A direct comparison between LM-based and FKGL-based rankings of datasets exposes substantial disagreement. For instance, FKGL ranks arXiv as the second most readable dataset, whereas the LM evaluator ranks it last, highlighting the risk of drawing misleading conclusions from traditional metrics.
Theoretical and Practical Implications
The findings indicate that traditional readability metrics suffer from both definitional inconsistency and measurement error in the PLS context. Their definitions of readability are rooted in educational grade-level appropriateness, not in the accessibility of scientific content for non-experts. Moreover, their reliance on shallow lexical features makes them vulnerable to manipulation and blind to deeper aspects of comprehension.
LMs, by contrast, demonstrate the ability to reason about background knowledge requirements, conceptual clarity, and explanatory adequacy. However, the authors caution that LMs are not a panacea: they are subject to bias, lack interpretability, and may not generalize across domains or languages.
Recommendations and Future Directions
The authors recommend discontinuing the use of FKGL for PLS evaluation and suggest DCRS and CLI as preferable among traditional metrics, though with caveats. They advocate for the integration of LM-based evaluators, especially for qualitative analysis and dataset selection, but emphasize the need for multi-faceted evaluation strategies.

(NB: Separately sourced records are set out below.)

-- ===== src/Node/Cycle/Silence.antt =====
-- A round of the loop keeps the motor stopped while a message that it needs does not come.
use motor_control.Base.{ℕ, zero, suc, ◌∙◌, refl, ℤ, pos, negsuc, ◌≤ℤ◌, arith, Option, none, some}
use motor_control.Double.{Double}
use motor_control.Ethercat.Pdo.{InPdo}
use motor_control.Control.Force.{ForceFeedbackSelection}
use motor_control.Node.State.{Node}
use motor_control.Node.Calm.{Steady, Calm}
use motor_control.Node.Silence.{
  Silence, Holds, IsAfter, IsStopped, Steady-Holds, Calm-IsStopped, holds-MustStop,
}
use motor_control.Node.Cycle.Timing.{
  CycleTime, dt_of, dt_us_of, schedule, measure, exchange_ok, exchange_failed,
}
use motor_control.Node.Cycle.Command.{Frame, start_frame, mode_command}
use motor_control.Node.Cycle.Force.{selected_force}
use motor_control.Node.Cycle.Finish.{control_stage, safety_stage, write_pdo, log_stage, finish}
use motor_control.Node.Cycle.Output.{final_frame, final-Kept}
use motor_control.Node.Cycle.Safe.{good_round, ready, good_round-control_round, round_stops}
use motor_control.Node.Cycle.{CycleInput, prepare, control_round, with_data, rt_cycle}

module _ {F : Type 0} ⦃d : Double F⦄ where
  finish-Steady :
      (now dt_us : ℤ) (i : InPdo) (s : ForceFeedbackSelection) (f : Frame F)
      → Steady f.node (finish now dt_us i s f)
  unfolding finish control_stage safety_stage write_pdo log_stage
  finish-Steady now dt_us i s f = record {
    params = refl;
    last_cmd_ns = refl;
    last_heartbeat_ns = refl;
    enable_req = refl;
  }

  good_round-Steady :
      (time : CycleTime) (w : ℕ) (i : InPdo) (n : Node F)
      → Steady n (rt_cycle (good_round time w i) n)
  unfolding exchange_ok measure schedule control_round
  good_round-Steady time w i n =
      let m = ready time w n in
      let s =
        selected_force
          (mode_command time.now_ns (dt_of time.now_ns n) i (start_frame i (prepare i m))).node in
      let f = final_frame time.now_ns (dt_of time.now_ns n) i m in
      let (k, _) = final-Kept time.now_ns (dt_of time.now_ns n) i m in
      let done = finish-Steady time.now_ns (dt_us_of time.now_ns n) i s f in
      rw (good_round-control_round time w i n) (record {
        params = done.params ∙ k.params;
        last_cmd_ns = done.last_cmd_ns ∙ k.last_cmd_ns;
        last_heartbeat_ns = done.last_heartbeat_ns ∙ k.last_heartbeat_ns;
        enable_req = done.enable_req ∙ k.enable_req;
      })

  -- The round stops the motor.
  pub good_round-IsStopped :
      (s : Silence) (since : ℤ) (time : CycleTime) (w : ℕ) (i : InPdo) (n : Node F)
      → IsAfter since time.now_ns
      → Holds s since n
      → IsStopped s since (rt_cycle (good_round time w i) n)
  good_round-IsStopped s since time w i n after h =
      let (velocity, torque) =
        round_stops time w i n (holds-MustStop s since time.now_ns i n h after) in
      record {
        silence = Steady-Holds s since n _ (good_round-Steady time w i n) h;
        velocity = velocity;
        torque = torque;
      }

  -- A round without process data, and one whose exchange fails.
  no_data-Calm :
      (time : CycleTime) (wkc : ℤ) (n : Node F)
      → Calm n (rt_cycle (record { time = time; wkc = wkc; inputs = none }) n)
  unfolding rt_cycle with_data exchange_ok exchange_failed measure schedule
  no_data-Calm time wkc n = ground arith

  failed-Calm :
      (time : CycleTime) (wkc : ℤ) (inputs : Option InPdo) (n : Node F)
      → wkc ≤ℤ pos 0
      → Calm n (rt_cycle (record { time = time; wkc = wkc; inputs = inputs }) n)
  unfolding rt_cycle exchange_failed measure schedule
  failed-Calm time wkc inputs n h = ground arith

  cycle-IsStopped :
      (s : Silence) (since : ℤ) (time : CycleTime) (wkc : ℤ) (inputs : Option InPdo) (n : Node F)
      → IsAfter since time.now_ns
      → IsStopped s since n
      → IsStopped s since (rt_cycle (record { time = time; wkc = wkc; inputs = inputs }) n)
  cycle-IsStopped s since time (pos (suc w)) (some i) n after h =
      good_round-IsStopped s since time w i n after h.silence
  cycle-IsStopped s since time (pos zero) inputs n after h =
      Calm-IsStopped s since n _ (failed-Calm time (pos 0) inputs n (omega arith)) h
  cycle-IsStopped s since time (negsuc w) inputs n after h =
      Calm-IsStopped s since n _ (failed-Calm time (negsuc w) inputs n (omega arith)) h
  cycle-IsStopped s since time wkc none n after h =
      Calm-IsStopped s since n _ (no_data-Calm time wkc n) h

  pub rt_cycle-IsStopped :
      (s : Silence) (since : ℤ) (input : CycleInput) (n : Node F)
      → IsAfter since input.time.now_ns
      → IsStopped s since n
      → IsStopped s since (rt_cycle input n)
  rt_cycle-IsStopped s since input n = cycle-IsStopped s since input.time input.wkc input.inputs n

Future research should focus on developing new metrics that are both theoretically aligned with human definitions of readability and empirically validated against human judgments. There is also a need for more diverse, high-quality datasets and for interpretability methods that can elucidate LM-based evaluations.
Conclusion
This study provides compelling evidence that traditional readability metrics are inadequate for evaluating plain language summaries in scientific communication. LM-based evaluators, when properly prompted, offer a more reliable and nuanced assessment, but their adoption should be accompanied by careful consideration of their limitations. The work calls for a paradigm shift in PLS evaluation practices and sets the stage for the development of more robust, human-aligned metrics for readability in NLP.